Collected data:

>>>>

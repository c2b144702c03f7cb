-- ===== src/PodTopologySpread/Minimum.antt =====
-- `criticalPaths` of pkg/podtopologyspread/filtering.go, filled from a map, against its least number.
use cozystack_scheduler.Prelude.{
  ℕ, ◌<◌, ◌≡◌, refl, sym, ap, ◌∙◌, ◌⊎◌, inl, inr, String, Bool, true, false, ◌||◌, [], ◌∷◌, arith,
  ◌==◌, string_eq, if◌then◌else◌, any, All, Bool-cases,
}
use cozystack_scheduler.GoMap.{GoMap, lookup, HasDistinctKeys, IsFresh}
use cozystack_scheduler.Words.{word, slt}
use cozystack_scheduler.PodTopologySpread.CriticalPaths.{
  CriticalPaths, max_int32, new_critical_paths, update, update_all,
}

-- The lesser of two signed numbers.
abbrev pub smin : ℕ → ℕ → ℕ
smin a b = if slt b a then b else a

-- The least number of a map, from a bound.
abbrev pub least : ℕ → GoMap String ℕ → ℕ
least bound [] = bound
least bound ((value, num) ∷ counts) = least (smin bound num) counts

abbrev is_first : CriticalPaths → String → Bool
is_first p v = v == p.first.topology_value

abbrev is_second : CriticalPaths → String → Bool
is_second p v = v == p.second.topology_value

-- A value that the paths do not hold, unless as the text of the empty paths.
or_true : (a b : Bool) → b ≡ true → (a || b) ≡ true
or_true a b h = ground arith

update-new :
    (p : CriticalPaths) (v : String) (num : ℕ)
    → num < word
    → (is_first p v ≡ true → p ≡ new_critical_paths)
    → (update p v num).first.match_num ≡ smin p.first.match_num num
unfolding update
update-new p v num small h = elim (Bool-cases (is_first p v)) [
  | inl e ↦ rw (h e) (new_lem v num small)
  | inr e ↦ ground arith
]
  where
    new_lem :
        (v : String) (num : ℕ)
        → num < word
        → (update new_critical_paths v num).first.match_num ≡ smin max_int32 num
    new_lem v num small = ground arith

-- The first path is still that of the empty paths, or holds a value of the map so far.
abbrev Known : GoMap String ℕ → CriticalPaths → Type 0
Known seen p = (p ≡ new_critical_paths) ⊎ (any (λ e. e.0 == p.first.topology_value) seen ≡ true)

-- At a value that it does not hold, the first path keeps its value or takes the new one.
update-first :
    (p : CriticalPaths) (v : String) (num : ℕ)
    → is_first p v ≡ false
    → ((update p v num).first.topology_value ≡ p.first.topology_value)
      ⊎ ((update p v num).first.topology_value ≡ v)
unfolding update
update-first p v num h = ground (arith, string_eq.beq_iff v p.second.topology_value)

ne_of_seen :
    (seen : GoMap String ℕ) (v w : String)
    → any (λ e. e.0 == v) seen ≡ false
    → any (λ e. e.0 == w) seen ≡ true
    → v == w ≡ false
ne_of_seen seen v w fresh old = elim (Bool-cases (v == w)) [
  | inr e ↦ e
  | inl e ↦ let same : any (λ e. e.0 == v) seen ≡ true = rw ((string_eq.beq_iff v w).0 e) old in cc
]

update-new_first :
    (v : String) (num : ℕ)
    → (update new_critical_paths v num ≡ new_critical_paths)
      ⊎ ((update new_critical_paths v num).first.topology_value ≡ v)
unfolding update
update-new_first v num = ground (arith, string_eq.beq_iff v "")

beq_of_eq : (v w : String) → w ≡ v → v == w ≡ true
beq_of_eq v w e = (string_eq.beq_iff v w).1 (sym e)

update-Known :
    (seen : GoMap String ℕ) (p : CriticalPaths) (v : String) (num : ℕ)
    → any (λ e. e.0 == v) seen ≡ false
    → Known seen p
    → Known ((v, num) ∷ seen) (update p v num)
update-Known seen p v num fresh (inl e) = elim (update-new_first v num) [
  | inl f ↦ inl (rw e f)
  | inr f ↦
      let g : v == (update p v num).first.topology_value ≡ true = beq_of_eq v _ (rw e f) in
      inr (rw g refl)
]
update-Known seen p v num fresh (inr old) =
    elim (update-first p v num (ne_of_seen seen v p.first.topology_value fresh old)) [
      | inl f ↦ inr (or_true _ _ (ap (λ w. any (λ e. e.0 == w) seen) f ∙ old))
      | inr f ↦
          let g : v == (update p v num).first.topology_value ≡ true = beq_of_eq v _ f in
          inr (rw g refl)
    ]

Known-first :
    (seen : GoMap String ℕ) (p : CriticalPaths) (v : String)
    → any (λ e. e.0 == v) seen ≡ false
    → Known seen p
    → is_first p v ≡ true
    → p ≡ new_critical_paths
Known-first seen p v fresh (inl e) h = e
Known-first seen p v fresh (inr old) h = cc (ne_of_seen seen v p.first.topology_value fresh old)

-- No entry of the map has a value that was seen before.
abbrev pub Unseen : GoMap String ℕ → GoMap String ℕ → Type 0
Unseen seen [] = Unit
Unseen seen ((v, num) ∷ counts) =
    (any (λ e. e.0 == v) seen ≡ false) × (num < word) × Unseen ((v, num) ∷ seen) counts

update_all-least :
    (seen counts : GoMap String ℕ) (p : CriticalPaths)
    → Known seen p
    → Unseen seen counts
    → (update_all p counts).first.match_num ≡ least p.first.match_num counts
unfolding update_all
update_all-least seen [] p k u = refl
update_all-least seen ((v, num) ∷ counts) p k u =
    update_all-least ((v, num) ∷ seen) counts (update p v num) (update-Known seen p v num u.0 k) u.2
    ∙ ap (λ b. least b counts) (update-new p v num u.1 (Known-first seen p v u.0 k))

-- What a Go map of counts guarantees: distinct values, and numbers that fit a word.
abbrev pub IsCountMap : GoMap String ℕ → Type 0
IsCountMap counts = HasDistinctKeys counts × All (λ e. e.1 < word) counts

-- No entry of `counts` has a value of `seen`.
abbrev Apart : GoMap String ℕ → GoMap String ℕ → Type 0
Apart seen counts = All (λ e. any (λ k. k.0 == e.0) seen ≡ false) counts

pub beq_comm : (v w : String) → w == v ≡ false → v == w ≡ false
beq_comm v w h = elim (Bool-cases (v == w)) [
  | inr e ↦ e
  | inl e ↦
      let swapped : w == v ≡ true = (string_eq.beq_iff w v).1 (sym ((string_eq.beq_iff v w).0 e)) in
      cc
]

or_false : (a b : Bool) → a ≡ false → b ≡ false → (a || b) ≡ false
or_false a b h k = ground arith

Apart-fresh :
    (seen counts : GoMap String ℕ) (v : String) (num : ℕ)
    → IsFresh v counts
    → Apart seen counts
    → Apart ((v, num) ∷ seen) counts
unfolding lookup
Apart-fresh seen [] v num h a = tt
Apart-fresh seen ((w, n) ∷ counts) v num h a = elim (Bool-cases (w == v)) [
  | inl e ↦ ground arith
  | inr e ↦
      let later : IsFresh v counts = ground arith in
      (or_false _ _ (beq_comm v w e) a.0, Apart-fresh seen counts v num later a.1)
]

pub distinct-Unseen :
    (seen counts : GoMap String ℕ)
    → HasDistinctKeys counts
    → All (λ e. e.1 < word) counts
    → Apart seen counts
    → Unseen seen counts
distinct-Unseen seen [] d s a = tt
distinct-Unseen seen ((v, num) ∷ counts) d s a = (
  a.0,
  s.0,
  distinct-Unseen ((v, num) ∷ seen) counts d.1 s.1 (Apart-fresh seen counts v num d.0 a.1),
)

pub Apart-nil : (counts : GoMap String ℕ) → Apart [] counts
Apart-nil [] = tt
Apart-nil (e ∷ counts) = (refl, Apart-nil counts)

-- On a map of counts (distinct values, numbers that fit a word), in whatever order its entries are
-- met, the loop that fills new critical paths leaves in the first path the least number of the map,
-- and at most the greatest int32.
pub update_all-minimum :
    (counts : GoMap String ℕ)
    → IsCountMap counts
    → (update_all new_critical_paths counts).first.match_num ≡ least max_int32 counts
update_all-minimum counts (d, s) =
    update_all-least [] counts new_critical_paths (inl refl)
      (distinct-Unseen [] counts d s (Apart-nil counts))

<<<<

WHAT TO DO: Lines from the records above that hold "then" are the ones to list.

ANSWER TO THE EXERCISE:
  ◌==◌, string_eq, if◌then◌else◌, any, All, Bool-cases,
smin a b = if slt b a then b else a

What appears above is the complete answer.